回答:多くのハードウェアスレッドを持つユーザーの場合、CPU使用率(%)が低く表示されるのは正常です。作業をあまりにも多くのコアに分散させると、キャッシュの利用効率が悪化し、アクティブなコア間の遅延が大きくなる可能性があります。
- 多くのCPUコアがSMTをサポートしています。1つのコアで複数のハードウェアスレッドがアクティブな場合、その作業は、1つのコアで1つのハードウェアスレッドのみがアクティブな場合よりも遅くなることがあります。
- 新しいCPUには、他のコアに比べて低いクロック速度で動作するコアが含まれている場合があります。たとえば、i9-14900kには5GHz以上で動作する16個のハードウェアスレッドがありますが、別の16個のハードウェアスレッドは4GHz近くで動作します。
- また、AMDの3D V-Cacheやチップレットアーキテクチャのような他の技術も、より少ないコアの使用を促進します。特にAMDでは、単一のCCDで実行されるよう作業スレッドを制限することで、パフォーマンスが向上する場合があります。
これらすべての例において、CPU使用率が50%未満であることは正常な動作です。
質問:GPU使用率(%)が低いです。100%に近づけるべきですか?
回答:ハイエンドGPUを使用している場合、低解像度や「中」品質設定では、GPUが十分に活用されない可能性が高いです。これは、古いCPUを使用しているユーザーによく見られる現象であり、CPU使用率が100%を大きく下回っていても起こり得ます。
質問:プロセッサ親和性(プロセッサアフィニティ)を使用して、Pコアや3D V-Cache搭載のCCDのみでゲームを実行させるべきですか?

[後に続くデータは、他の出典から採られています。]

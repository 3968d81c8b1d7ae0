-- ===== src/Reconcile/Pipeline/Shortest.antt =====
-- internal/common/reconcile/pipeline.go, ShortestRequeue: the result that is chosen.
use mathlib.Core.List.{Memᴰ}
use c5c3_forge.Prelude.{
  ◌≡◌, refl, ◌⊎◌, inl, inr, true, false, List, [], ◌∷◌, pos, le_int, le_int_refl, le_int_trans,
  le_int_of_lt, le_int_of_not_lt, arith, Bool-cases, All,
}
use c5c3_forge.Kube.Outcome.{Result, zero_result}
use c5c3_forge.Reconcile.Pipeline.{shorter, shortest_from, shortest_requeue}

-- No requeue is asked for.
abbrev pub IsQuiet : Result → Type 0
IsQuiet r = le_int r.requeue_after (pos 0) ≡ true

abbrev pub IsRequeue : Result → Type 0
IsRequeue r = le_int r.requeue_after (pos 0) ≡ false

-- No result that asks for a requeue asks for an earlier one than `r`.
abbrev pub IsLeast : Result → List Result → Type 0
IsLeast r = All (λ x. IsQuiet x ⊎ (le_int r.requeue_after x.requeue_after ≡ true))

after_trans :
    (a b c : Result)
    → le_int a.requeue_after b.requeue_after ≡ true
    → le_int b.requeue_after c.requeue_after ≡ true
    → le_int a.requeue_after c.requeue_after ≡ true
after_trans a b c = le_int_trans a.requeue_after b.requeue_after c.requeue_after

-- From a result that asks for a requeue, the loop ends in the least of it and the list.
record Shortest (r cur : Result) (rs : List Result) : Type 0 where
  asks : IsRequeue r
  below : le_int r.requeue_after cur.requeue_after ≡ true
  least : IsLeast r rs
  origin : (r ≡ cur) ⊎ Memᴰ r rs

shorter-cases :
    (cur x : Result)
    → IsRequeue cur
    → ((shorter cur x ≡ cur) × (IsQuiet x ⊎ (le_int cur.requeue_after x.requeue_after ≡ true)))
      ⊎ ((shorter cur x ≡ x) × (le_int x.requeue_after cur.requeue_after ≡ true) × IsRequeue x)
shorter-cases cur x h = ground (
  arith,
  le_int_of_lt x.requeue_after cur.requeue_after,
  le_int_of_not_lt x.requeue_after cur.requeue_after,
)

mem-skip {ℓ} :
    {A : Type ℓ} {a x y : A} {xs : List A} → (a ≡ x) ⊎ Memᴰ a xs → (a ≡ x) ⊎ Memᴰ a (y ∷ xs)
mem-skip (inl e) = inl e
mem-skip (inr m) = inr (Memᴰ.tail m)

mem-here {ℓ} : {A : Type ℓ} {a x : A} {xs : List A} → (a ≡ x) ⊎ Memᴰ a xs → Memᴰ a (x ∷ xs)
mem-here (inl e) = Memᴰ.head e
mem-here (inr m) = Memᴰ.tail m

Shortest-keep :
    (r cur x : Result) (rs : List Result)
    → IsQuiet x ⊎ (le_int cur.requeue_after x.requeue_after ≡ true)
    → Shortest r cur rs
    → Shortest r cur (x ∷ rs)
Shortest-keep r cur x rs (inl quiet) s = record {
  asks = s.asks;
  below = s.below;
  least = (inl quiet, s.least);
  origin = mem-skip s.origin;
}
Shortest-keep r cur x rs (inr above) s = record {
  asks = s.asks;
  below = s.below;
  least = (inr (after_trans r cur x s.below above), s.least);
  origin = mem-skip s.origin;
}

Shortest-take :
    (r cur x : Result) (rs : List Result)
    → le_int x.requeue_after cur.requeue_after ≡ true
    → Shortest r x rs
    → Shortest r cur (x ∷ rs)
Shortest-take r cur x rs lower s = record {
  asks = s.asks;
  below = after_trans r x cur s.below lower;
  least = (inr s.below, s.least);
  origin = inr (mem-here s.origin);
}

Shortest-shorter :
    (cur x : Result) (rs : List Result)
    → IsRequeue cur
    → ((c : Result) → IsRequeue c → Shortest (shortest_from c rs) c rs)
    → Shortest (shortest_from (shorter cur x) rs) cur (x ∷ rs)
Shortest-shorter cur x rs h ih = elim (shorter-cases cur x h) [
  | inl (e, above) ↦ rw e (Shortest-keep _ cur x rs above (ih cur h))
  | inr (e, lower, asks) ↦ rw e (Shortest-take _ cur x rs lower (ih x asks))
]

shortest_from-Shortest :
    (rs : List Result) (cur : Result) → IsRequeue cur → Shortest (shortest_from cur rs) cur rs
unfolding shortest_from
shortest_from-Shortest [] cur h = record {
  asks = h;
  below = le_int_refl cur.requeue_after;
  least = tt;
  origin = inl refl;
}
shortest_from-Shortest (x ∷ rs) cur h = Shortest-shorter cur x rs h (shortest_from-Shortest rs)

-- What ShortestRequeue answers: a zero result where nothing asks for a requeue, else a result of
-- the list that asks for one, and for the earliest.
pub data Chosen (r : Result) (rs : List Result) : Type 0 where
  quiet : r ≡ zero_result → All IsQuiet rs → Chosen r rs
  chosen : Memᴰ r rs → IsRequeue r → IsLeast r rs → Chosen r rs

Chosen-skip : (r x : Result) (rs : List Result) → IsQuiet x → Chosen r rs → Chosen r (x ∷ rs)
Chosen-skip r x rs q (quiet e qs) = quiet e (q, qs)
Chosen-skip r x rs q (chosen m a l) = chosen (Memᴰ.tail m) a (inl q, l)

Chosen-of_Shortest : (r x : Result) (rs : List Result) → Shortest r x rs → Chosen r (x ∷ rs)
Chosen-of_Shortest r x rs s = chosen (mem-here s.origin) s.asks (inr s.below, s.least)

-- ShortestRequeue answers a zero result exactly where no result asks for a requeue; otherwise it
-- answers one of the given results, which asks for a requeue no later than any other that does.
pub shortest_requeue-Chosen : (rs : List Result) → Chosen (shortest_requeue rs) rs
unfolding shortest_requeue
shortest_requeue-Chosen [] = quiet refl tt
shortest_requeue-Chosen (x ∷ rs) = elim (Bool-cases (le_int x.requeue_after (pos 0))) [
  | inl q ↦ rw q (Chosen-skip _ x rs q (shortest_requeue-Chosen rs))
  | inr a ↦ rw a (Chosen-of_Shortest _ x rs (shortest_from-Shortest rs x a))
]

回答:マルチコアCPU(i9-14900kや9950x3Dなど)のユーザーの場合、『Marathon』のプロセッサアフィニティを設定して、Pコアまたは3D V-Cache搭載のCCDのみに制限することで、フレームタイムの安定性が向上する可能性があります。しかし、これは高度な設定であり、プロセッサに大きく依存するため、パフォーマンス向上に役立つこともあれば損なうこともあります。ゲームを16ハードウェアスレッド未満に制限することはお勧めしません。
質問:動的解像度スケーリングを使用すべきですか?
回答:現時点では、パフォーマンスがGPU制限である場合にのみ、動的解像度スケーリングの使用をお勧めします。これは、フレームレートよりも画質を優先し、高解像度を使用しているプレイヤーに起こりやすい傾向があります。また、高速なCPUを搭載しているが、熱による制限があるGPUを搭載したノートパソコンのプレイヤーにも役立つ可能性があります。CPU制限のシナリオでも動的解像度スケーリングがより適切に機能するよう、改善を調査中です。
質問:将来的に『Marathon』はフレーム生成をサポートしますか?
回答:『Marathon』は現在、フレーム生成をサポートしていません。特にフレーム生成の実装品質は向上し続けているため、サポートの追加を検討しています。AMD Fluid Motion FramesやNVIDIA Smooth Motionなど、一部のハードウェアベンダーはドライバ注入型のフレーム生成ソリューションを提供しています。一部のユーザーがこれらのソリューションを使用して、肯定的な体験を得ていることは把握しています。
この分野の開発状況を注視していますが、短期的にはフレーム生成を使用せずにフレームレートを向上させるパフォーマンス改善を優先しています。